** Material provided follows **

-- ===== src/Serial/Port/Open.antt =====
-- What open_serial_posix does to the port.
use p.Common.{
  ℕ, ◌≡◌, ◌≢◌, refl, sym, ◌⊎◌, inl, inr, ℕ_discrete, eq→==, ne→==, Bool, true, false, List, [], ◌∷◌,
  Option, none, some,
}
use p.Serial.Port.{
  Speed, b9600, b19200, b38400, b57600, b115200, Line, Termios, PortCall, opens, closes, sets,
  speed_of, set_interface_attribs, open_serial_posix,
}

-- The bits per second of a speed
abbrev pub rate : Speed → ℕ
rate b9600 = 9600
rate b19200 = 19200
rate b38400 = 38400
rate b57600 = 57600
rate b115200 = 115200

-- The speed has this rate, or no speed has and it is that of 115200 bits per second.
abbrev pub RunsAt : ℕ → Speed → Type 0
RunsAt baud s = (rate s ≡ baud) ⊎ ((¬ ((s' : Speed) × (rate s' ≡ baud))) × (rate s ≡ 115200))

-- What cfmakeraw is documented to do to the flow control by XON and XOFF: it clears IXON, and does
-- not touch IXOFF.
pub record IsRaw (make_raw : Termios → Termios) : Type 0 where
  pub ixon : (tty : Termios) → (make_raw tty).ixon ≡ false
  pub ixoff : (tty : Termios) → (make_raw tty).ixoff ≡ tty.ixoff

-- Eight data bits, no parity, one stop bit, no flow control of the output, that of the input by
-- XOFF as the port had it, and reads that do not wait
pub record IsPlain (baud : ℕ) (before tty : Termios) : Type 0 where
  pub ispeed : RunsAt baud tty.ispeed
  pub ospeed : RunsAt baud tty.ospeed
  pub clocal : tty.clocal ≡ true
  pub cread : tty.cread ≡ true
  pub csize : tty.csize ≡ 8
  pub parenb : tty.parenb ≡ false
  pub cstopb : tty.cstopb ≡ false
  pub crtscts : tty.crtscts ≡ false
  pub ixon : tty.ixon ≡ false
  pub ixoff : tty.ixoff ≡ before.ixoff
  pub vtime : tty.vtime ≡ 0
  pub vmin : tty.vmin ≡ 0

-- The descriptor that is open at the end
abbrev pub held : List PortCall → Option ℕ → Option ℕ
held [] fd_open = fd_open
held (opens fd ∷ calls) fd_open = held calls (some fd)
held (closes fd ∷ calls) fd_open = held calls none
held (sets tty ∷ calls) fd_open = held calls fd_open

-- The attributes that are set last, if any are
abbrev pub set_last : List PortCall → Option Termios → Option Termios
set_last [] tty = tty
set_last (sets tty' ∷ calls) tty = set_last calls (some tty')
set_last (call ∷ calls) tty = set_last calls tty

-- The descriptor that is returned is the one that open gave and the one that is open, and its
-- attributes are plain; or none is returned and none is open.
abbrev pub Opens : Option ℕ → Line → ℕ → List PortCall × Option ℕ → Type 0
Opens answer line baud (calls, none) = held calls none ≡ none
Opens answer line baud (calls, some fd) =
    (answer ≡ some fd)
    × (held calls none ≡ some fd)
    × ((before : Termios) × (tty : Termios) × (line.attributes ≡ some before)
        × (set_last calls none ≡ some tty)
        × IsPlain baud before tty)

other_rate :
    (baud : ℕ)
    → baud ≢ 9600
    → baud ≢ 19200
    → baud ≢ 38400
    → baud ≢ 57600
    → baud ≢ 115200
    → (s : Speed) → rate s ≢ baud
other_rate baud a b c d e b9600 h = a (sym h)
other_rate baud a b c d e b19200 h = b (sym h)
other_rate baud a b c d e b38400 h = c (sym h)
other_rate baud a b c d e b57600 h = d (sym h)
other_rate baud a b c d e b115200 h = e (sym h)

speed_of-RunsAt : (baud : ℕ) → RunsAt baud (speed_of baud)
unfolding speed_of
speed_of-RunsAt baud = elim (ℕ_discrete baud 9600) [
  | yes a ↦ rw (eq→== baud 9600 a) (inl (sym a))
  | no a ↦ elim (ℕ_discrete baud 19200) [
    | yes b ↦ rw (ne→== baud 9600 a, eq→== baud 19200 b) (inl (sym b))
    | no b ↦ elim (ℕ_discrete baud 38400) [
      | yes c ↦ rw (ne→== baud 9600 a, ne→== baud 19200 b, eq→== baud 38400 c) (inl (sym c))
      | no c ↦ elim (ℕ_discrete baud 57600) [
        | yes d ↦
            rw (ne→== baud 9600 a, ne→== baud 19200 b, ne→== baud 38400 c, eq→== baud 57600 d)
              (inl (sym d))
        | no d ↦
            rw (ne→== baud 9600 a, ne→== baud 19200 b, ne→== baud 38400 c, ne→== baud 57600 d)
              (elim (ℕ_discrete baud 115200) [
                | yes e ↦ inl (sym e)
                | no e ↦ inr ((λ h. other_rate baud a b c d e h.0 h.1), refl)
              ])
      ]
    ]
  ]
]

abbrev line_of : Option Termios → (Termios → Termios) → Bool → Line
line_of attributes raw ok = record { attributes = attributes; make_raw = raw; set_ok = ok }

with_line :
    (fd : ℕ) (attributes : Option Termios) (raw : Termios → Termios) (ok : Bool) (baud : ℕ)
    → IsRaw raw
    → Opens
        (some fd)
        (line_of attributes raw ok)
        baud
        (open_serial_posix (some fd) (line_of attributes raw ok) baud)
unfolding open_serial_posix set_interface_attribs
with_line fd none raw ok baud h = refl
with_line fd (some tty) raw false baud h = refl
with_line fd (some tty) raw true baud h = (
  refl,
  refl,
  (
    tty,
    _,
    refl,
    refl,
    record {
      ispeed = speed_of-RunsAt baud;
      ospeed = speed_of-RunsAt baud;
      clocal = refl;
      cread = refl;
      csize = refl;
      parenb = refl;
      cstopb = refl;
      crtscts = refl;
      ixon = h.ixon tty;
      ixoff = h.ixoff tty;
      vtime = refl;
      vmin = refl;
    },
  ),
)

-- If cfmakeraw clears IXON and leaves IXOFF, as it is documented to: when open_serial_posix
-- returns a descriptor, it is the one that open gave, it is open, and the attributes set last
-- are eight data bits, no parity, one stop bit, no flow control of the output by RTS and CTS or
-- by XON and XOFF, IXOFF as it was, reads that do not wait, a receiver that is enabled and modem
-- lines that are ignored, at a speed of as many bits per second as the baud rate says, or of
-- 115200 if there is no such speed; when it returns -1, no descriptor is open.
pub open_serial_posix-Opens :
    (answer : Option ℕ) (line : Line) (baud : ℕ)
    → IsRaw line.make_raw
    → Opens answer line baud (open_serial_posix answer line baud)
unfolding open_serial_posix
open_serial_posix-Opens none line baud h = refl
open_serial_posix-Opens (some fd) line baud h =
    with_line fd line.attributes line.make_raw line.set_ok baud h
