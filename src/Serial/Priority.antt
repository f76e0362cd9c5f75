-- ===== src/Serial/Priority.antt =====
-- thread_cpu_now_ns and set_current_thread_highest_priority of mp_serial_ext.c. What the system
-- answers is an argument.
use p.Common.{
  ℕ, ◌+◌, ◌*◌, ◌%◌, ◌^◌, ◌<◌, ◌≡◌, refl, Bool, false, List, [], ◌∷◌, Option, none, some, ltb,
  if◌then◌else◌, arith, Bool-cases, inl, inr, ◌++◌, ◌/◌,
}

-- tv_sec and tv_nsec, or none where clock_gettime fails
unfoldable pub thread_cpu_now_ns_posix : Option (ℕ × ℕ) → ℕ
thread_cpu_now_ns_posix none = 0
thread_cpu_now_ns_posix (some (sec, nsec)) = (sec * 10 ^ 9 + nsec) % 2 ^ 64

-- dwLowDateTime and dwHighDateTime of the kernel's and the user's time
unfoldable pub thread_cpu_now_ns_win : Option ((ℕ × ℕ) × (ℕ × ℕ)) → ℕ
thread_cpu_now_ns_win none = 0
thread_cpu_now_ns_win (some ((k_low, k_high), (u_low, u_high))) =
    ((k_low + k_high * 2 ^ 32 + (u_low + u_high * 2 ^ 32)) % 2 ^ 64 * 100) % 2 ^ 64

pub data PriorityCall : Type 0 where
  sets_fifo sets_rr : ℕ → PriorityCall
  clears_errno nice_20 : PriorityCall

-- The two maxima, where 0 stands for one that is not positive, and whether the two calls of
-- pthread_setschedparam succeed
pub record PriorityAnswers : Type 0 where
  pub max_fifo : ℕ
  pub fifo_set : Bool
  pub max_rr : ℕ
  pub rr_set : Bool

unfoldable pub set_current_thread_highest_priority : PriorityAnswers → List PriorityCall
set_current_thread_highest_priority a =
    if ltb 0 a.max_fifo
    then (if a.fifo_set
        then sets_fifo a.max_fifo ∷ []
        else if ltb 0 a.max_rr
        then (if a.rr_set
            then sets_fifo a.max_fifo ∷ sets_rr a.max_rr ∷ []
            else sets_fifo a.max_fifo ∷ sets_rr a.max_rr ∷ clears_errno ∷ nice_20 ∷ [])
        else sets_fifo a.max_fifo ∷ clears_errno ∷ nice_20 ∷ [])
    else clears_errno ∷ nice_20 ∷ []

-- The clock of POSIX systems is exact for more than five hundred years.
clock_exact :
    (sec nsec : ℕ)
    → sec < 18446744073
    → nsec < 10 ^ 9
    → thread_cpu_now_ns_posix (some (sec, nsec)) ≡ sec * 10 ^ 9 + nsec
unfolding thread_cpu_now_ns_posix
clock_exact sec nsec h k = omega arith

-- The clock of Windows is the sum of the two times, which count 100 ns, while it fits.
clock_win_exact :
    (k u : ℕ)
    → (k + u) * 100 < 2 ^ 64
    → thread_cpu_now_ns_win (some ((k % 2 ^ 32, k / 2 ^ 32), (u % 2 ^ 32, u / 2 ^ 32)))
      ≡ (k + u) * 100
unfolding thread_cpu_now_ns_win
clock_win_exact k u h = omega arith

-- Where neither policy can be set, the thread asks for a better nice value.
priority_nice :
    (a : PriorityAnswers)
    → a.fifo_set ≡ false
    → a.rr_set ≡ false
    → (calls : List PriorityCall) × (set_current_thread_highest_priority a
        ≡ calls ++ (clears_errno ∷ nice_20 ∷ []))
unfolding set_current_thread_highest_priority
priority_nice a f r = elim (Bool-cases (ltb 0 a.max_fifo)) [
  | inl fifo ↦ elim (Bool-cases (ltb 0 a.max_rr)) [
    | inl rr ↦ (sets_fifo a.max_fifo ∷ sets_rr a.max_rr ∷ [], rw (fifo, f, rr, r) refl)
    | inr no_rr ↦ (sets_fifo a.max_fifo ∷ [], rw (fifo, f, no_rr) refl)
  ]
  | inr no_fifo ↦ ([], rw no_fifo refl)
]
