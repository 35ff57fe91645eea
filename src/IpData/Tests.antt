-- ===== src/IpData/Tests.antt =====
-- A client that asks too often: its name is looked up, then it is blocked, for 50 ns.
use botex.Prelude.{ℕ, ◌≡◌, ◌≢◌, ◌↔◌, refl, Option, none, some, true, false, List, [], ◌∷◌}
use botex.Data.{Bytes, IpStats}
use botex.Matchers.{codes}
use botex.Treemap.Sorted.{SortedMap, sorted_map}
use botex.Store.Prefix.{bytes_eq}
use botex.Whitelist.{new_whitelist, or_next, find_number, first_match, is_whitelisted}
use botex.Whitelist.Tests.{literals, client}
use botex.Requests.{new_requests}
use botex.Requests.Tests.{whole}
use botex.IpData.{Config, Env, IpData, ShouldBlock, should_be_blocked, update, set_hostname}
use botex.IpData.Limits.{IsSuspect, should_be_blocked_lem}
use botex.IpData.Cooldown.{Op, updates, names, Log, latest_of, IsSpaced, step, run, run-IsSpaced}

abbrev pub config : Config ℕ
config = record {
  requests = record { window_size = 10; num_windows = 3; keep_requests = 5 };
  min_app_requests = 2;
  max_app_requests = 4;
  max_ratio = 1;
  block_ttl = 50;
}

abbrev pub env : Env Bytes Bytes ℕ ℕ
env = record {
  float = whole;
  patterns = literals;
  reasons = record { too_many = λ a b. "too many"; ratio_too_high = λ a b r m. "ratio" };
  config = config;
  whitelist = new_whitelist;
  plugins = [];
}

abbrev pub stats_of : ℕ → IpStats ℕ ℕ Bytes
stats_of n = record {
  stats = record { total = n; app = n; other = 0; ratio = 1; ips = 0; asn = some 3 };
  ip = 192 ∷ [];
  with_hostname = 0;
}

abbrev pub ip_data : Bytes → IpData (SortedMap ℕ) ℕ ℕ ℕ
ip_data host = record {
  details = record (client (192 ∷ []) host 3) {
    geoip = some 1;
    created_at = 100;
    updated_at = 100;
  };
  requests = new_requests (λ i. 100) (192 ∷ []) config.requests;
}

abbrev busy : IpData (SortedMap ℕ) ℕ ℕ ℕ
busy = record (ip_data []) { details = record (ip_data []).details { app = 5; total = 5 } }

should_be_blocked_lem_example :
    (s : ShouldBlock (SortedMap ℕ) ℕ ℕ ℕ) × (should_be_blocked env 105 busy ≡ some s)
    × ((s.blocked ≡ true) ↔ (IsSuspect env 105 busy × (busy.details.hostname ≢ [])))
    × ((s.resolves ≡ true) ↔ (IsSuspect env 105 busy × (busy.details.hostname ≡ [])))
should_be_blocked_lem_example = should_be_blocked_lem env 105 busy (λ a. (3, refl))

-- Too many requests: looked up at 101, blocked at 103, and at 110 again only as that is forced.
abbrev ops : List (Op Bytes Bytes ℕ ℕ)
ops =
    updates new_whitelist [] true (λ i. 110) (stats_of 7)
    ∷ updates new_whitelist [] false (λ i. 110) (stats_of 7)
    ∷ updates new_whitelist [] false (λ i. 103) (stats_of 6)
    ∷ names (codes "crawl.example")
    ∷ updates new_whitelist [] false (λ i. 101) (stats_of 5)
    ∷ []

abbrev outcome : Option (IpData (SortedMap ℕ) ℕ ℕ ℕ × Log)
outcome = run env ops (ip_data [])

abbrev log_of : Option (IpData (SortedMap ℕ) ℕ ℕ ℕ × Log) → Log
log_of none = []
log_of (some (ipd, log)) = log

abbrev client_of : Option (IpData (SortedMap ℕ) ℕ ℕ ℕ × Log) → IpData (SortedMap ℕ) ℕ ℕ ℕ
client_of none = ip_data []
client_of (some (ipd, log)) = ipd

sends : log_of outcome ≡ (110, true) ∷ (103, false) ∷ []
unfolding run step update bytes_eq is_whitelisted or_next find_number first_match set_hostname
sends = refl

run-IsSpaced_example :
    IsSpaced 50 0 (log_of outcome)
    × ((client_of outcome).details.last_block_at ≡ latest_of 0 (log_of outcome))
unfolding run step update bytes_eq is_whitelisted or_next find_number first_match set_hostname
run-IsSpaced_example = run-IsSpaced env ops (ip_data []) (client_of outcome) (log_of outcome) refl
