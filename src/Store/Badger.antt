-- ===== src/Store/Badger.antt =====
-- store/badger.go: the store over github.com/dgraph-io/badger, which is a parameter. A View
-- transaction sees the unexpired entries in ascending order of their keys; it may fail as a
-- whole, and the value of an item may fail to be read. An Update transaction applies all its
-- writes or, with an error, none. `runGC` and `Close` change nothing that the model holds.
pub mod Laws
pub mod Memory
pub mod Tests
use botex.Prelude.{
  ℕ, ◌+◌, ◌≤◌, ◌≡◌, Option, none, some, Bool, true, false, not, List, [], ◌∷◌, if◌then◌else◌,
  length, select, map, All,
}
use botex.Data.{Bytes}
use botex.Window.{Duration}
use botex.Store.{StoreError, not_found, failed, Result, ok, err, KvStore}
use botex.Store.Prefix.{bytes_eq, before, Sorted, while_prefix, seek}

pub data Write : Type 0 where
  put : Bytes → Bytes → Option Duration → Write
  delete : Bytes → Write

abbrev pub Items : Type 0
Items = List (Bytes × Bytes)

unfoldable pub put_key : Bytes → Bytes → Items → Items
put_key k v [] = (k, v) ∷ []
put_key k v ((j, w) ∷ es) =
    if before k j
    then (k, v) ∷ (j, w) ∷ es
    else if bytes_eq j k
    then (k, v) ∷ es
    else (j, w) ∷ put_key k v es

abbrev pub drop_key : Bytes → Items → Items
drop_key k = select (λ e. not (bytes_eq e.0 k))

abbrev pub apply_writes : List Write → Items → Items
apply_writes [] es = es
apply_writes (put k v ttl ∷ ws) es = apply_writes ws (put_key k v es)
apply_writes (delete k ∷ ws) es = apply_writes ws (drop_key k es)

-- The entry is there when the transaction ends: badger counts a time to live in whole seconds.
abbrev pub IsLasting : Write → Type 0
IsLasting (put k v none) = Unit {0}
IsLasting (put k v (some ttl)) = 1_000_000_000 ≤ ttl
IsLasting (delete k) = Unit {0}

pub record BadgerLib (D : Type 0) : Type 0 where
  pub entries : D → Items
  pub view_error : D → Option StoreError
  pub value_error : D → Bytes → Option StoreError
  pub commit : D → List Write → Result D
  pub sorted : (d : D) → Sorted (entries d)
  pub commit_lem :
      (d d' : D) (ws : List Write)
      → commit d ws ≡ ok d'
      → All IsLasting ws
      → entries d' ≡ apply_writes ws (entries d)

unfoldable pub find_key : Bytes → Items → Option Bytes
find_key k [] = none
find_key k ((j, v) ∷ es) = if bytes_eq j k then some v else find_key k es

unfoldable pub deletes : Items → List Write
deletes [] = []
deletes ((k, v) ∷ es) = delete k ∷ deletes es

unfoldable pub has_result : Result Bytes → Bool × Option StoreError
has_result (ok v) = (true, none)
has_result (err not_found) = (false, none)
has_result (err (failed n)) = (false, some (failed n))

unfoldable pub all_result : List Bytes × Option StoreError → Result (List Bytes)
all_result (vs, none) = ok vs
all_result (vs, some e) = err e

module _ {D : Type 0} ⦃lib : BadgerLib D⦄ where
  -- `item.Value`
  unfoldable pub item_value : D → Bytes → Option Bytes → Result Bytes
  item_value d key none = err not_found
  item_value d key (some v) = elim (lib.value_error d key) [ none ↦ ok v | some e ↦ err e ]

  unfoldable pub get : D → Bytes → Result Bytes
  get d key = elim (lib.view_error d) [
    | none ↦ item_value d key (find_key key (lib.entries d))
    | some e ↦ err e
  ]

  -- The store after an Update, which stays as it was if that fails.
  unfoldable pub after_commit : D → Result D → D × Option StoreError
  after_commit d (ok d') = (d', none)
  after_commit d (err e) = (d, some e)

  unfoldable pub set : D → Bytes → Bytes → D × Option StoreError
  set d key value = after_commit d (lib.commit d (put key value none ∷ []))

  unfoldable pub set_ex : D → Bytes → Bytes → Duration → D × Option StoreError
  set_ex d key value ttl = after_commit d (lib.commit d (put key value (some ttl) ∷ []))

  -- `for it.Seek(prefix); it.ValidForPrefix(prefix); it.Next()`
  unfoldable pub iterate : D → Bytes → Items
  iterate d prefix = while_prefix prefix (seek prefix (lib.entries d))

  unfoldable pub remove : D → Bytes → D × Option StoreError
  remove d prefix = elim (lib.view_error d) [
    | none ↦ after_commit d (lib.commit d (deletes (iterate d prefix)))
    | some e ↦ (d, some e)
  ]

  unfoldable pub has : D → Bytes → Bool × Option StoreError
  has d key = has_result (get d key)

  -- The values of the items up to the first that fails, and that failure.
  unfoldable pub read_values : D → Items → List Bytes × Option StoreError
  read_values d [] = ([], none)
  read_values d ((k, v) ∷ es) =
      let rest = read_values d es in
      elim (lib.value_error d k) [ none ↦ (v ∷ rest.0, rest.1) | some e ↦ ([], some e) ]

  unfoldable pub each : D → Bytes → List Bytes × Option StoreError
  each d prefix = elim (lib.view_error d) [
    | none ↦ read_values d (iterate d prefix)
    | some e ↦ ([], some e)
  ]

  unfoldable pub all : D → Bytes → Result (List Bytes)
  all d prefix = all_result (each d prefix)

  unfoldable pub count : D → Bytes → ℕ × Option StoreError
  count d prefix = elim (lib.view_error d) [
    | none ↦ (length (iterate d prefix), none)
    | some e ↦ (0, some e)
  ]

  instance abbrev pub badger_store : KvStore D
  badger_store = record {
    get = get;
    set_ex = set_ex;
    set = set;
    has = has;
    all = all;
    count = count;
    remove = remove;
    each = each;
  }
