-- ===== src/Store/Badger/Memory.antt =====
-- A database in memory that meets the laws and never fails, for the examples.
use botex.Prelude.{◌≡◌, refl, sym, ap, none, true, false, List, [], ◌∷◌, arith}
use botex.Data.{Bytes}
use botex.Store.{Result, ok, err}
use botex.Store.Prefix.{
  bytes_eq, bytes_eq_iff, before, before_trans, Sorted, SortedFrom, Sorted-tail,
}
use botex.Store.Badger.{Write, put, delete, Items, put_key, drop_key, apply_writes, BadgerLib}

before_total : (a b : Bytes) → before a b ≡ false → bytes_eq b a ≡ false → before b a ≡ true
unfolding before bytes_eq
before_total [] [] h e = cc
before_total [] (d ∷ b) h e = cc
before_total (c ∷ a) [] h e = refl
before_total (c ∷ a) (d ∷ b) h e = ground (arith, before_total a b)

put_key-SortedFrom :
    (b k v : Bytes) (es : Items)
    → before b k ≡ true
    → SortedFrom b es
    → SortedFrom b (put_key k v es)
unfolding put_key
put_key-SortedFrom b k v [] h s = (h, tt)
put_key-SortedFrom b k v ((j, w) ∷ es) h s =
    ground (arith, put_key-SortedFrom j k v es, before_total k j, bytes_eq_iff j k)

put_key-Sorted : (k v : Bytes) (es : Items) → Sorted es → Sorted (put_key k v es)
unfolding put_key
put_key-Sorted k v [] s = tt
put_key-Sorted k v ((j, w) ∷ es) s =
    ground (arith, put_key-SortedFrom j k v es, before_total k j, bytes_eq_iff j k)

SortedFrom-weaken :
    (b c : Bytes) (es : Items) → before b c ≡ true → SortedFrom c es → SortedFrom b es
SortedFrom-weaken b c [] h s = tt
SortedFrom-weaken b c ((j, w) ∷ es) h s = (before_trans b c j h s.0, s.1)

drop_key-SortedFrom : (b k : Bytes) (es : Items) → SortedFrom b es → SortedFrom b (drop_key k es)
drop_key-SortedFrom b k [] s = tt
drop_key-SortedFrom b k ((j, w) ∷ es) s =
    ground (arith, drop_key-SortedFrom j k es, SortedFrom-weaken b j (drop_key k es))

drop_key-Sorted : (k : Bytes) (es : Items) → Sorted es → Sorted (drop_key k es)
drop_key-Sorted k [] s = tt
drop_key-Sorted k ((j, w) ∷ es) s =
    ground (arith, drop_key-SortedFrom j k es, Sorted-tail j (drop_key k es))

pub apply_writes-Sorted : (ws : List Write) (es : Items) → Sorted es → Sorted (apply_writes ws es)
apply_writes-Sorted [] es s = s
apply_writes-Sorted (put k v ttl ∷ ws) es s =
    apply_writes-Sorted ws (put_key k v es) (put_key-Sorted k v es s)
apply_writes-Sorted (delete k ∷ ws) es s =
    apply_writes-Sorted ws (drop_key k es) (drop_key-Sorted k es s)

pub record Memory : Type 0 where
  pub held : Items
  pub ordered : Sorted held

abbrev pub write_all : Memory → List Write → Memory
write_all d ws = record {
  held = apply_writes ws d.held;
  ordered = apply_writes-Sorted ws d.held d.ordered;
}

abbrev pub held_of : Result Memory → Items
held_of (ok d) = d.held
held_of (err e) = []

instance abbrev pub memory_db : BadgerLib Memory
memory_db = record {
  entries = λ d. d.held;
  view_error = λ d. none;
  value_error = λ d k. none;
  commit = λ d ws. ok (write_all d ws);
  sorted = λ d. d.ordered;
  commit_lem = λ d d' ws e lasting. sym (ap held_of e);
}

** End of Material provided **

About this task: Could you restate word for word the lines above, from the one that contains "put_key-SortedFrom b k v [] h s = (h, tt)" through the one that contains "instance abbrev pub memory_db", and no others?

Your response:
put_key-SortedFrom b k v [] h s = (h, tt)
put_key-SortedFrom b k v ((j, w) ∷ es) h s =
    ground (arith, put_key-SortedFrom j k v es, before_total k j, bytes_eq_iff j k)

put_key-Sorted : (k v : Bytes) (es : Items) → Sorted es → Sorted (put_key k v es)
unfolding put_key
put_key-Sorted k v [] s = tt
put_key-Sorted k v ((j, w) ∷ es) s =
    ground (arith, put_key-SortedFrom j k v es, before_total k j, bytes_eq_iff j k)

SortedFrom-weaken :
    (b c : Bytes) (es : Items) → before b c ≡ true → SortedFrom c es → SortedFrom b es
SortedFrom-weaken b c [] h s = tt
SortedFrom-weaken b c ((j, w) ∷ es) h s = (before_trans b c j h s.0, s.1)

drop_key-SortedFrom : (b k : Bytes) (es : Items) → SortedFrom b es → SortedFrom b (drop_key k es)
drop_key-SortedFrom b k [] s = tt
drop_key-SortedFrom b k ((j, w) ∷ es) s =
    ground (arith, drop_key-SortedFrom j k es, SortedFrom-weaken b j (drop_key k es))

drop_key-Sorted : (k : Bytes) (es : Items) → Sorted es → Sorted (drop_key k es)
drop_key-Sorted k [] s = tt
drop_key-Sorted k ((j, w) ∷ es) s =
    ground (arith, drop_key-SortedFrom j k es, Sorted-tail j (drop_key k es))

pub apply_writes-Sorted : (ws : List Write) (es : Items) → Sorted es → Sorted (apply_writes ws es)
apply_writes-Sorted [] es s = s
apply_writes-Sorted (put k v ttl ∷ ws) es s =
    apply_writes-Sorted ws (put_key k v es) (put_key-Sorted k v es s)
apply_writes-Sorted (delete k ∷ ws) es s =
    apply_writes-Sorted ws (drop_key k es) (drop_key-Sorted k es s)

pub record Memory : Type 0 where
  pub held : Items
  pub ordered : Sorted held

abbrev pub write_all : Memory → List Write → Memory
write_all d ws = record {
  held = apply_writes ws d.held;
  ordered = apply_writes-Sorted ws d.held d.ordered;
}

abbrev pub held_of : Result Memory → Items
held_of (ok d) = d.held
held_of (err e) = []

instance abbrev pub memory_db : BadgerLib Memory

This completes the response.